The two companies seeking to build a liquefaction facility to support the export of liquefied natural gas (LNG) from their existing terminal in Louisiana are asking the Federal Energy Regulatory Commission (FERC) to reject arguments that the project would negatively affect gas prices and the nation's energy independence.
In a motion to leave for answer filing on Monday, Sabine -- which comprises Sabine Pass Liquefaction LLC and Sabine Pass LNG LP -- said it opposed motions to intervene by the American Public Gas Association (APGA) and the Gulf Coast Environmental Labor Coalition (GCELC), arguing that both groups failed to meet FERC rules for intervention by not identifying their members or stating what their interests are (see Daily GPI, March 8).

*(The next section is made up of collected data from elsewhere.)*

-- ===== src/Zfs/Clone/Laws.antt =====
-- A `Clone` that fails leaves the trees as they were.
use zsys.Prelude.{
  Bool, true, false, ◌&&◌, Option, none, some, [], ◌∷◌, ◌≡◌, refl, sym, ap, ◌∙◌, inl, inr,
  if◌then◌else◌, Bool-cases, Option-cases, no_value,
}
use zsys.Text.{Bytes, has_suffix}
use zsys.Zfs.Names.{split_snapshot_name}
use zsys.Zfs.Dataset.{
  Dataset, dataset, Children, nil, cons, DatasetProp, name_of, is_snapshot_of, prop_of, children_of,
}
use zsys.Zfs.Hierarchy.{check_integrity}
use zsys.Zfs.Cache.{Cache, find_in_children, change_in_children, append_child, drop_child, dir}
use zsys.Zfs.Cache.Laws.{change_back_children}
use zsys.Zfs.Cache.Vacant.{appended_children, still_missing_children}
use zsys.Zfs.Create.Found.{missing_vacant, new_in_children}
use zsys.Zfs.Transaction.{Transaction, register_revert, run_reverts, cancel, nested_of, destroy_one}
use zsys.Zfs.Transaction.Laws.{back, run_reverts-append}
use zsys.Zfs.Clone.Name.{new_root_name}
use zsys.Zfs.Clone.{
  Cloner, CloningError, left_in_map, Cloned, clone_mountpoint, clone_can_mount, new_clone,
  destroy_clone, add_clone, dataset_exists, clone_dataset, chain, destination, if_parent,
  clone_matching, clone_below, clone_recursive, nested_end, clone_snapshot, clone,
}

-- libzfs clones to no target that exists, and can destroy what it made.
pub record CloneDocumented (z : Cloner) : Type 0 where
  pub fresh :
      (cache : Cache) (name target : Bytes) (mountpoint can_mount : Option Bytes)
      → z.clones cache name target mountpoint can_mount ≡ true
      → find_in_children target cache ≡ none
  pub destroyed : (name : Bytes) → z.libzfs.destroys name ≡ true

module _ (z : Cloner) (doc : CloneDocumented z) where
  destroy_one-clone :
      (target : Bytes) (cache : Cache) (parent : Dataset)
      → find_in_children (dir target) cache ≡ some parent
      → destroy_one z.libzfs (new_clone z target) cache
        ≡ change_in_children (dir target) (drop_child target) cache
  unfolding destroy_one
  destroy_one-clone target cache parent above = rw (doc.destroyed target, above) refl

  destroy_one-orphan :
      (target : Bytes) (cache : Cache)
      → find_in_children (dir target) cache ≡ none
      → destroy_one z.libzfs (new_clone z target) cache ≡ cache
  unfolding destroy_one
  destroy_one-orphan target cache above = rw (doc.destroyed target, above) refl

  undo_orphan :
      (target : Bytes) (cache : Cache)
      → find_in_children target cache ≡ none
      → find_in_children (dir target) cache ≡ none
      → destroy_clone z target cache ≡ cache
  unfolding destroy_clone
  undo_orphan target cache fresh above =
      rw (destroy_clone, fresh) (destroy_one-orphan target cache above)

  undo_clone :
      (target : Bytes) (cache : Cache) (parent : Dataset)
      → find_in_children target cache ≡ none
      → find_in_children (dir target) cache ≡ some parent
      → destroy_clone z target
          (change_in_children (dir target) (append_child (new_clone z target)) cache)
        ≡ cache
  unfolding destroy_clone
  undo_clone target cache parent fresh above =
      let x = new_clone z target in
      let after = change_in_children (dir target) (append_child x) cache in
      let restored =
        change_back_children (dir target) x cache
          (missing_vacant (dir target) target cache fresh) in
      elim (new_in_children (dir target) x cache fresh) [
        | inl missing ↦ absurd (
            no_value (
              sym above
              ∙ appended_children (dir target) x cache
                  (missing_vacant (dir target) target after missing)))
        | inr found ↦ elim (Option-cases (find_in_children (dir target) after)) [
          | inl gone ↦
              absurd (
                no_value
                  (sym above ∙ still_missing_children (dir target) (dir target) x cache gone))
          | inr (p, still) ↦
              rw (destroy_clone, found) (destroy_one-clone target after p still ∙ restored)
        ]
      ]

  back-add_clone :
      (p : DatasetProp) (target : Bytes) (t : Transaction)
      → find_in_children target t.cache ≡ none
      → back (add_clone z p target t).0 ≡ back t
  unfolding add_clone register_revert run_reverts
  back-add_clone p target t fresh = elim (Option-cases (find_in_children (dir target) t.cache)) [
    | inl orphan ↦
        rw (add_clone, orphan)
          (run_reverts-append t.reverts (destroy_clone z target ∷ []) t.cache
            ∙ ap (run_reverts t.reverts) (undo_orphan target t.cache fresh orphan))
    | inr (parent, above) ↦
        rw (add_clone, above)
          (run_reverts-append t.reverts (destroy_clone z target ∷ [])
              (change_in_children (dir target) (append_child (new_clone z target)) t.cache)
            ∙ ap (run_reverts t.reverts) (undo_clone target t.cache parent fresh above))
  ]

  back-clone_dataset :
      (d : Dataset) (target : Bytes) (ignore : Bool) (t : Transaction)
      → back (clone_dataset z d target ignore t).0 ≡ back t
  unfolding clone_dataset
  back-clone_dataset d target ignore t =
      let mountpoint = clone_mountpoint (prop_of d) in
      let can_mount = clone_can_mount (prop_of d) in
      elim (Bool-cases (z.clones t.cache (name_of d) target mountpoint can_mount)) [
        | inl made ↦
            rw (clone_dataset, made)
              (back-add_clone (prop_of d) target t
                (doc.fresh t.cache (name_of d) target mountpoint can_mount made))
        | inr other ↦ elim (Bool-cases (ignore && dataset_exists z target t.cache)) [
          | inl y ↦ rw (clone_dataset, other, y) refl
          | inr n ↦ rw (clone_dataset, other, n) refl
        ]
      ]

  back-chain :
      (o : Cloned) (next : Transaction → Cloned) (b : Cache)
      → back o.0 ≡ b
      → ((u : Transaction) → back (next u).0 ≡ back u)
      → back (chain z o next).0 ≡ b
  unfolding chain
  back-chain (t, some e) next b h k = h
  back-chain (t, none) next b h k = k t ∙ h

  back-if :
      (b : Bool) (x y : Cloned) (c : Cache)
      → back x.0 ≡ c
      → back y.0 ≡ c
      → back (if b then x else y).0 ≡ c
  back-if true x y c h k = h
  back-if false x y c h k = k

  module _ (snap root new_root : Bytes) (ignore : Bool) where
    back-if_parent :
        (name : Bytes) (u : Transaction) (below : Transaction → Cloned)
        → ((v : Transaction) → back (below v).0 ≡ back v)
        → back (if_parent z snap root new_root ignore name u below).0 ≡ back u
    unfolding if_parent
    back-if_parent name u below h =
        elim (Option-cases (find_in_children (split_snapshot_name name).0 u.cache)) [
          | inl q ↦ rw (if_parent, q) refl
          | inr (p, q) ↦ rw (if_parent, q) (h u)
        ]

    back-clone_matching :
        (cs : Children) (below : Transaction → Cloned) (t : Transaction)
        → ((v : Transaction) → back (below v).0 ≡ back v)
        → back (clone_matching z snap root new_root ignore cs below t).0 ≡ back t
    unfolding clone_matching
    back-clone_matching nil below t h = refl
    back-clone_matching (cons c cs) below t h =
        let rest = clone_matching z snap root new_root ignore cs below in
        let target = destination z snap root new_root ignore (name_of c) in
        let descend : Transaction → Cloned =
          λ u. chain z (if_parent z snap root new_root ignore (name_of c) u below) rest in
        back-if (has_suffix (name_of c) (b'@' ∷ snap))
          (chain z (clone_dataset z c target ignore t) descend) (rest t) (back t)
          (back-chain (clone_dataset z c target ignore t) descend (back t)
            (back-clone_dataset c target ignore t)
            (λ u.
              back-chain (if_parent z snap root new_root ignore (name_of c) u below) rest (back u)
                (back-if_parent (name_of c) u below h) (λ v. back-clone_matching cs below v h)))
          (back-clone_matching cs below t h)

    back-clone_below :
        (cs : Children) (t : Transaction)
        → back (clone_below z snap root new_root ignore cs t).0 ≡ back t
    unfolding clone_below
    back-clone_below nil t = refl
    back-clone_below (cons (dataset n true p cs) ds) t = back-clone_below ds t
    back-clone_below (cons (dataset n false p cs) ds) t =
        back-chain
          (clone_matching z snap root new_root ignore cs
            (clone_below z snap root new_root ignore cs) t)
          (clone_below z snap root new_root ignore ds) (back t)
          (back-clone_matching cs (clone_below z snap root new_root ignore cs) t
            (λ v. back-clone_below cs v))
          (λ u. back-clone_below ds u)

    back-clone_recursive :
        (d : Dataset) (cs : Children) (recursive : Bool) (t : Transaction)
        → back (clone_recursive z snap root new_root ignore d cs recursive t).0 ≡ back t
    unfolding clone_recursive
    back-clone_recursive d cs recursive t =
        let target = destination z snap root new_root ignore (name_of d) in
        back-chain (clone_dataset z d target ignore t) _ (back t)
          (back-clone_dataset d target ignore t) (rest recursive)
      where
        rest :
            (r : Bool) (u : Transaction)
            → back (if r then clone_below z snap root new_root ignore cs u else (u, none)).0
              ≡ back u
        rest true u = back-clone_below cs u
        rest false u = refl

  back-clone_snapshot :
      (d : Dataset) (suffix : Bytes) (ignore recursive : Bool) (t : Transaction)
      → back (clone_snapshot z d suffix ignore recursive t).0 ≡ back t
  unfolding clone_snapshot
  back-clone_snapshot d suffix ignore recursive t =
      let (root, snap) = split_snapshot_name (name_of d) in
      elim (Option-cases (find_in_children root t.cache)) [
        | inl q ↦ rw (clone_snapshot, q) refl
        | inr (parent, q) ↦
            elim (Option-cases (if recursive then check_integrity parent snap true else none)) [
              | inr (e, k) ↦ rw (clone_snapshot, q, k) refl
              | inl k ↦
                  rw (clone_snapshot, q, k)
                    (back-clone_recursive snap root (new_root_name root suffix) ignore d
                      (children_of parent) recursive t)
            ]
      ]

  nested_end-failed :
      (t : Transaction) (o : Cloned) (e : CloningError)
      → back o.0 ≡ t.cache
      → (nested_end z t o).1 ≡ some e
      → (nested_end z t o).0 ≡ t
  unfolding nested_end cancel
  nested_end-failed t (n, some f) e h q = ap (λ c. record { cache = c; reverts = t.reverts }) h
  nested_end-failed t (n, none) e h q = absurd (no_value (sym q))

  back-nested_end :
      (t : Transaction) (o : Cloned) → back o.0 ≡ t.cache → back (nested_end z t o).0 ≡ back t
  unfolding nested_end cancel
  back-nested_end t (n, some f) h = ap (run_reverts t.reverts) h
  back-nested_end t (n, none) h =
      run_reverts-append t.reverts n.reverts n.cache ∙ ap (run_reverts t.reverts) h

  back-nested :
      (d : Dataset) (suffix : Bytes) (ignore recursive : Bool) (t : Transaction)
      → back (clone_snapshot z d suffix ignore recursive (nested_of t)).0 ≡ t.cache
  unfolding nested_of run_reverts
  back-nested d suffix ignore recursive t =
      back-clone_snapshot d suffix ignore recursive (nested_of t)

  -- Where libzfs clones to nothing that exists and can destroy every dataset: a `Clone` that fails, at
  -- once or after some datasets were cloned, leaves the cache and the reverts of the transaction as
  -- they were, if its error is not that a new clone has no parent in the cache.
  pub clone_atomic :
      (name suffix : Bytes) (ignore recursive : Bool) (t : Transaction) (e : CloningError)
      → (clone z name suffix ignore recursive t).1 ≡ some e
      → left_in_map e ≡ []
      → (clone z name suffix ignore recursive t).0 ≡ t
  unfolding clone
  clone_atomic name [] ignore recursive t e h map = refl
  clone_atomic name (c ∷ suffix) ignore recursive t e h map =
      elim (Option-cases (find_in_children name t.cache)) [
        | inl q ↦ rw (clone, q) refl
        | inr (d, q) ↦ elim (Bool-cases (is_snapshot_of d)) [
          | inr other ↦ rw (clone, q, other) refl
          | inl y ↦
              rw (clone, q, y)
                (nested_end-failed t
                  (clone_snapshot z d (c ∷ suffix) ignore recursive (nested_of t)) e
                  (back-nested d (c ∷ suffix) ignore recursive t) (rw (clone, q, y) at h))
        ]
      ]

  -- A `Clone` does not change what a cancel of the transaction leaves.
  pub back-clone :
      (name suffix : Bytes) (ignore recursive : Bool) (t : Transaction)
      → back (clone z name suffix ignore recursive t).0 ≡ back t
  unfolding clone
  back-clone name [] ignore recursive t = refl
  back-clone name (c ∷ suffix) ignore recursive t =
      elim (Option-cases (find_in_children name t.cache)) [
        | inl q ↦ rw (clone, q) refl
        | inr (d, q) ↦ elim (Bool-cases (is_snapshot_of d)) [
          | inr other ↦ rw (clone, q, other) refl
          | inl y ↦
              rw (clone, q, y)
                (back-nested_end t (clone_snapshot z d (c ∷ suffix) ignore recursive (nested_of t))
                  (back-nested d (c ∷ suffix) ignore recursive t))
        ]
      ]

"GCELC's interest clearly is centered in the development of generic policy related to environmental and social issues, not in specific factual or legal arguments raised in this proceeding," Sabine said, adding the APGA was raising "generic policy issues concerning whether the United States should allow the export of domestic natural gas supply and potential alternate uses for natural gas that policymakers should consider."
Sabine is seeking federal approval to build the liquefaction facility at its LNG terminal in Cameron Parish, LA. Once completed, the facility would have the capacity to export about 2.2 Bcf/d on average over a period of one year (see Daily GPI, Jan. 21).
With North American oil and gas shale plays recently being unlocked, LNG export plans are on the table from coast-to-coast-to-coast, offering a tantalizing option for buyers in Europe and the Asia Pacific region that want secure and reliable energy supplies, a Wood Mackenzie Ltd. energy analyst told NGI this week (see Daily GPI, March 24).
If any of the export projects are able to carry gas supplies to overseas ports, North America would begin to integrate with world gas markets -- and higher prices, said Noel Tomnay, who heads Wood Mackenzie's Global Gas Research.
Sabine blasted GCELC's call for an environmental impact statement (EIS) for the project -- instead of the environmental assessment that Sabine Pass supports -- because of impacts on air quality, wetlands, aquatic resources and shoreline security.
"Once again, GCELC relies on conclusory statements that an EIS is warranted," Sabine said. "The project will not result in any impacts to aquatic resources in the port vicinity or any increased demands on the Coast Guard for protection of shoreline security. [Also] Sabine Pass is not proposing to increase ship traffic, and there will be no increase in the number of LNG ships over that reviewed and approved by the Coast Guard."
Sabine also took issue with APGA's protest of the project, arguing that its anti-competitive position was not consistent with current U.S. policy and that the association ignores factual and empirical data.
"APGA appears to believe that disallowing exports will create an oversupply situation in the U.S., and as a consequence, the price of natural gas will significantly decline for U.S. consumers," Sabine said. "But APGA fails to acknowledge that absent adequate economic incentives, producers will shut in wells and investments in production basins will decline.
"The ability to export domestic gas as LNG will greatly expand the market scope and access for domestic natural gas producers and thus serve to encourage domestic production at times when U.S. market prices might not otherwise do so."
Sabine also filed answers to comments by Chevron USA Inc. and Kinder Morgan Louisiana Pipeline LLC (KMLP), two companies that support the project. Addressing Chevron, Sabine said the public forum through FERC was an inappropriate place to discuss its private business matters or its terminal use agreement with Chevron. Sabine then told KMLP that it would not favor one pipeline over another after the project is built.
"Sabine Pass does not intend to discriminate against any future pipeline interconnection with the liquefaction project or against any pipeline in agreeing to any future delivery connection," the company said.
In a related matter, Shell US Gas & Power LLC filed an out-of-time motion to intervene with the FERC on Monday.
"While Shell does not wish to take a position on the LNG export facility application of [Sabine] at this time, Shell nonetheless seeks the opportunity for late intervention because of its substantial interest in the outcome of this proceeding," Shell said.